I'm having the car towed in tomorrow so they can tell me exactly what's going on but I'm afraid I already know. 

Just wondering if anyone has had any luck getting their '06 fixed by vw? 

Any help greatly appreciated, this car has taken waaay too much of my money already.


----------



## GTINC (Jan 28, 2005)

"2006 Jetta, 2.0t with the DSG. As soon as I hit 150,000 kms...."

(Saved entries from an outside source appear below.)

-- ===== src/Scheduler/Threads/Credit.antt =====
-- The credit of queued work along the interleavings, when the work graph is enabled.
use forge_ann.Prelude.{
  ℕ, ◌+◌, ◌≡◌, refl, ap, ◌∙◌, true, Option-cases, inl, inr, List, [], ◌∷◌, ◌++◌, arith,
}
use forge_ann.Scheduler.{
  QueuedLeaf, ForgeannScheduler, push_leaf, add_queued_work, add_queued_mem, remove_queued_work,
  remove_queued_mem, add_task, remove_task, update_peak_backlog, start_leaf_execution,
  remove_inflight,
}
use forge_ann.Scheduler.Ends.{push_leaf-some, pop_leaf-some}
use forge_ann.Scheduler.Threads.{
  System, Phase, next_step, takes, advances, Step, emits, works, Reach, here, next, run, discard,
  pushing, crediting_work, crediting_mem, noting_peak, giving_back, debiting_work, debiting_mem,
  starting, dropping, running, leaving,
}
use forge_ann.Prelude.Usize.{IsCongruent, wrapping_add, wrapping_sub}
use forge_ann.Scheduler.Threads.Tally.{sum, sum-append, sum-at, uncredited, undebited}

abbrev pub work_of : QueuedLeaf → ℕ
work_of q = q.estimated_work_ms

-- `queued_work_ms`, with what is still to be credited, is the work of the queue with what is still
-- to be debited, up to the 64 bits of the counter.
pub record IsCredited (s : ForgeannScheduler) (threads : List Phase) : Type 0 where
  pub enabled : s.work_graph.enable ≡ true
  pub credit :
      IsCongruent
        (s.queued_work_ms + sum uncredited threads)
        (sum work_of s.leaf_backlog + sum undebited threads)

-- What a step that is not about work leaves alone.
abbrev SameWork : ForgeannScheduler → ForgeannScheduler → Type 0
SameWork s s' =
    (s'.work_graph.enable ≡ s.work_graph.enable)
    × (s'.queued_work_ms ≡ s.queued_work_ms)
    × (s'.leaf_backlog ≡ s.leaf_backlog)

module _ (s : ForgeannScheduler) (q : QueuedLeaf) where
  add_queued_mem-SameWork : SameWork s (add_queued_mem s q)
  unfolding add_queued_mem
  add_queued_mem-SameWork = ground arith

  remove_queued_mem-SameWork : SameWork s (remove_queued_mem s q)
  unfolding remove_queued_mem
  remove_queued_mem-SameWork = ground arith

module _ (s : ForgeannScheduler) (q : QueuedLeaf) (on : s.work_graph.enable ≡ true) where
  add_queued_work-credits :
      ((add_queued_work s q).work_graph.enable ≡ true)
      × ((add_queued_work s q).queued_work_ms ≡ wrapping_add s.queued_work_ms q.estimated_work_ms)
      × ((add_queued_work s q).leaf_backlog ≡ s.leaf_backlog)
  unfolding add_queued_work
  add_queued_work-credits = ground arith

  remove_queued_work-debits :
      ((remove_queued_work s q).work_graph.enable ≡ true)
      × ((remove_queued_work s q).queued_work_ms
          ≡ wrapping_sub s.queued_work_ms q.estimated_work_ms)
      × ((remove_queued_work s q).leaf_backlog ≡ s.leaf_backlog)
  unfolding remove_queued_work
  remove_queued_work-debits = ground arith

module _ (s : ForgeannScheduler) {threads : List Phase} (before : List Phase) (p : Phase)
    (after : List Phase) (e : threads ≡ before ++ (p ∷ after)) (c : IsCredited s threads) where
  become-IsCredited :
      (s' : ForgeannScheduler) (ps : List Phase)
      → s'.work_graph.enable ≡ true
      → ((more owed : ℕ)
          → IsCongruent
              (s.queued_work_ms + (uncredited p + more))
              (sum work_of s.leaf_backlog + (undebited p + owed))
          → IsCongruent
              (s'.queued_work_ms + (sum uncredited ps + more))
              (sum work_of s'.leaf_backlog + (sum undebited ps + owed)))
      → IsCredited s' (before ++ (ps ++ after))
  unfolding sum
  become-IsCredited s' ps on credit =
      let old_more = ap (sum uncredited) e ∙ sum-at uncredited before (p ∷ []) after in
      let old_owed = ap (sum undebited) e ∙ sum-at undebited before (p ∷ []) after in
      let new_more = sum-at uncredited before ps after in
      let new_owed = sum-at undebited before ps after in
      let was = c.credit in
      record { enabled = on; credit = rw (new_more, new_owed) (credit _ _ (omega arith)) }

  moved-IsCredited :
      (s' : ForgeannScheduler) (ps : List Phase)
      → SameWork s s'
      → sum uncredited ps ≡ uncredited p
      → sum undebited ps ≡ undebited p
      → IsCredited s' (before ++ (ps ++ after))
  moved-IsCredited s' ps same more owed =
      become-IsCredited s' ps (same.0 ∙ c.enabled) (λ m o h. rw (same.1, same.2, more, owed) h)

next_step-IsCredited :
    (x : System) (before : List Phase) (p : Phase) (after : List Phase)
    → x.threads ≡ before ++ (p ∷ after)
    → IsCredited x.shared x.threads
    → IsCredited (next_step x before p after).shared (next_step x before p after).threads
unfolding next_step sum uncredited undebited update_peak_backlog remove_task start_leaf_execution
    remove_inflight
next_step-IsCredited x before (pushing q) after e c = elim (Option-cases (push_leaf x.shared q)) [
  | inl full ↦
      rw (full, next_step)
        (moved-IsCredited x.shared before _ after e c x.shared (giving_back q ∷ [])
          (refl, refl, refl) refl refl)
  | inr (s', pushed) ↦
      let change = push_leaf-some x.shared q pushed in
      let backlog =
        ap (λ (t : ForgeannScheduler). sum work_of t.leaf_backlog) change
        ∙ sum-append work_of x.shared.leaf_backlog (q ∷ []) in
      let work = ap (λ (t : ForgeannScheduler). t.queued_work_ms) change in
      let on = ap (λ (t : ForgeannScheduler). t.work_graph.enable) change in
      rw (pushed, next_step)
        (become-IsCredited x.shared before _ after e c s' (crediting_work q ∷ []) (on ∙ c.enabled)
          (λ m o h. omega arith))
]
next_step-IsCredited x before (crediting_work q) after e c =
    let change = add_queued_work-credits x.shared q c.enabled in
    let backlog = ap (sum work_of) change.2 in
    become-IsCredited x.shared before _ after e c (add_queued_work x.shared q)
      (crediting_mem q ∷ []) change.0 (λ m o h. omega arith)
next_step-IsCredited x before (crediting_mem q) after e c =
    moved-IsCredited x.shared before _ after e c (add_queued_mem x.shared q) (noting_peak ∷ [])
      (add_queued_mem-SameWork x.shared q) refl refl
next_step-IsCredited x before noting_peak after e c =
    moved-IsCredited x.shared before _ after e c (update_peak_backlog x.shared) []
      (refl, refl, refl) refl refl
next_step-IsCredited x before (giving_back q) after e c =
    moved-IsCredited x.shared before _ after e c (remove_task x.shared) [] (refl, refl, refl) refl
      refl
next_step-IsCredited x before (debiting_work fate q) after e c =
    let change = remove_queued_work-debits x.shared q c.enabled in
    let backlog = ap (sum work_of) change.2 in
    become-IsCredited x.shared before _ after e c (remove_queued_work x.shared q)
      (debiting_mem fate q ∷ []) change.0 (λ m o h. omega arith)
next_step-IsCredited x before (debiting_mem run q) after e c =
    moved-IsCredited x.shared before _ after e c (remove_queued_mem x.shared q) (starting q ∷ [])
      (remove_queued_mem-SameWork x.shared q) refl refl
next_step-IsCredited x before (debiting_mem discard q) after e c =
    moved-IsCredited x.shared before _ after e c (remove_queued_mem x.shared q) (dropping q ∷ [])
      (remove_queued_mem-SameWork x.shared q) refl refl
next_step-IsCredited x before (starting q) after e c =
    moved-IsCredited x.shared before _ after e c (start_leaf_execution x.shared) (running q ∷ [])
      (refl, refl, refl) refl refl
next_step-IsCredited x before (dropping q) after e c =
    moved-IsCredited x.shared before _ after e c (remove_task x.shared) [] (refl, refl, refl) refl
      refl
next_step-IsCredited x before (running q) after e c =
    moved-IsCredited x.shared before _ after e c (remove_inflight x.shared) (leaving q ∷ [])
      (refl, refl, refl) refl refl
next_step-IsCredited x before (leaving q) after e c =
    moved-IsCredited x.shared before _ after e c (remove_task x.shared) [] (refl, refl, refl) refl
      refl

Step-IsCredited :
    {x y : System} → Step x y → IsCredited x.shared x.threads → IsCredited y.shared y.threads
unfolding sum uncredited undebited add_task
Step-IsCredited (emits q) c =
    let was = c.credit in record { enabled = c.enabled; credit = omega arith }
Step-IsCredited {x} (works (takes fate q s e)) c =
    let (rest, backlog, g) = pop_leaf-some x.shared e in
    let before = ap (sum work_of) backlog in
    let after = ap (λ (t : ForgeannScheduler). sum work_of t.leaf_backlog) g in
    let work = ap (λ (t : ForgeannScheduler). t.queued_work_ms) g in
    let was = c.credit in
    record {
      enabled = ap (λ (t : ForgeannScheduler). t.work_graph.enable) g ∙ c.enabled;
      credit = omega arith;
    }
Step-IsCredited {x} (works (advances before p after e)) c =
    next_step-IsCredited x before p after e c

pub Reach-IsCredited :
    {x y : System} → Reach x y → IsCredited x.shared x.threads → IsCredited y.shared y.threads
Reach-IsCredited here c = c
Reach-IsCredited (next r st) c = Step-IsCredited st (Reach-IsCredited r c)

So, what is the DSG service history on this vehicle?


----------



## syncro87 (Apr 24, 2000)

My buddy had an 06 TDI DSG. The trans grenaded right at 100k. He was a pretty loyal VW guy and had owned a number of diesel VWs prior to that car. We were both of the opinion that given his ownership background, and with some perseverance (i.e. writing letters to key people in upper management, etc) he would get some help on the repair. I think his estimate was around $4,500 to fix the car. Anyway, in the end, if I recall. after considerable letter writing, phone calls, lobbying, and in general being polite but persistent to try to get some help, he was offered something like a grand of trade assistance toward a new Jetta. I don't believe they offered him any repair help toward fixing his car. He's an articulate guy, and is not a hothead. He approached it very reasonably and made what I thought was a great case for some goodwill assistance. But ultimately they said here's a little cash toward a new Jetta, take it or leave it. 

He left it, took a huge loss on the car when he traded it in with a crapped out trans, and now drives a Subaru and a Nissan. It was the principle of it to him, that they knew they had a DSG issue, his car fell slightly out of the official campaign VIN range, and he felt they should have done more for him. His ultimate goal was to get the cost of the repair split 50/50. I figured they'd probably go for that, but they did not. So he took the hit and said screw you. If there had not been a campaign on the slightly later cars and known issues with the DSG, I don't think he'd have been as bent about it. But to him it was like, hey, you know you have a problem here, and won't help me out much.

Anyway, it wasn't me directly, but I followed my pal's situation pretty closely because I was interested to see what happened, so I thought I'd relay what I knew about it since you asked.


----------



## 2dblo7 (May 4, 2012)

Thanks for the response, I appreciate it!

Just waiting to hear from VW, I'm not expecting much in the way of help. 

Spoke to a dealership locally here who deals heavily in vw BMW etc (ex VW dealership), they're showing interest in the car as a trade even with the trans issue. I guess they can fix it cheaper than the average joe. 

I'll still take a hit but can't justify dumping more money into this car no matter how much I like it. 

Looking forward to getting back into a toyota.


----------



## GTINC (Jan 28, 2005)

2dblo7 said:


> .....Looking forward to getting back into a toyota.


And then the assisted living facility....


----------



## feels_road (Jan 27, 2005)

Definitely contact VW corporate.

On the flip side, if you don't have documentation that the transmission fluid was changed every 40,000 miles, then you are likely out of luck. This is a must on these transmissions.


----------



## 2dblo7 (May 4, 2012)

Dealer confirmed mechatronic unit needs to be replaced, as I suspected. 

$2700 + tax (cdn)

VW canada called me back yesterday also and confirmed that they could not or would not be able to assist. 

So now fix the car and hopes this is all it is or dump it on a trade for next to nothing. I could see this repair pushing $5000 when they work their stealership magic, if you know what I mean.


----------



## GTINC (Jan 28, 2005)

2dblo7 said:


> Dealer confirmed mechatronic unit needs to be replaced, as I suspected.
> 
> $2700 + tax (cdn)
> 
> ...


:screwy: It will cost what is on the job order that you sign when you approve the job. No mystery involved.


----------



## DasCC (Feb 24, 2009)

ugh.... so glad i dumped my DSG. Paring a TDI with a DSG is an oxymoron.


----------



## 2dblo7 (May 4, 2012)

What are everyone's thoughts on how successful this fix will be?


----------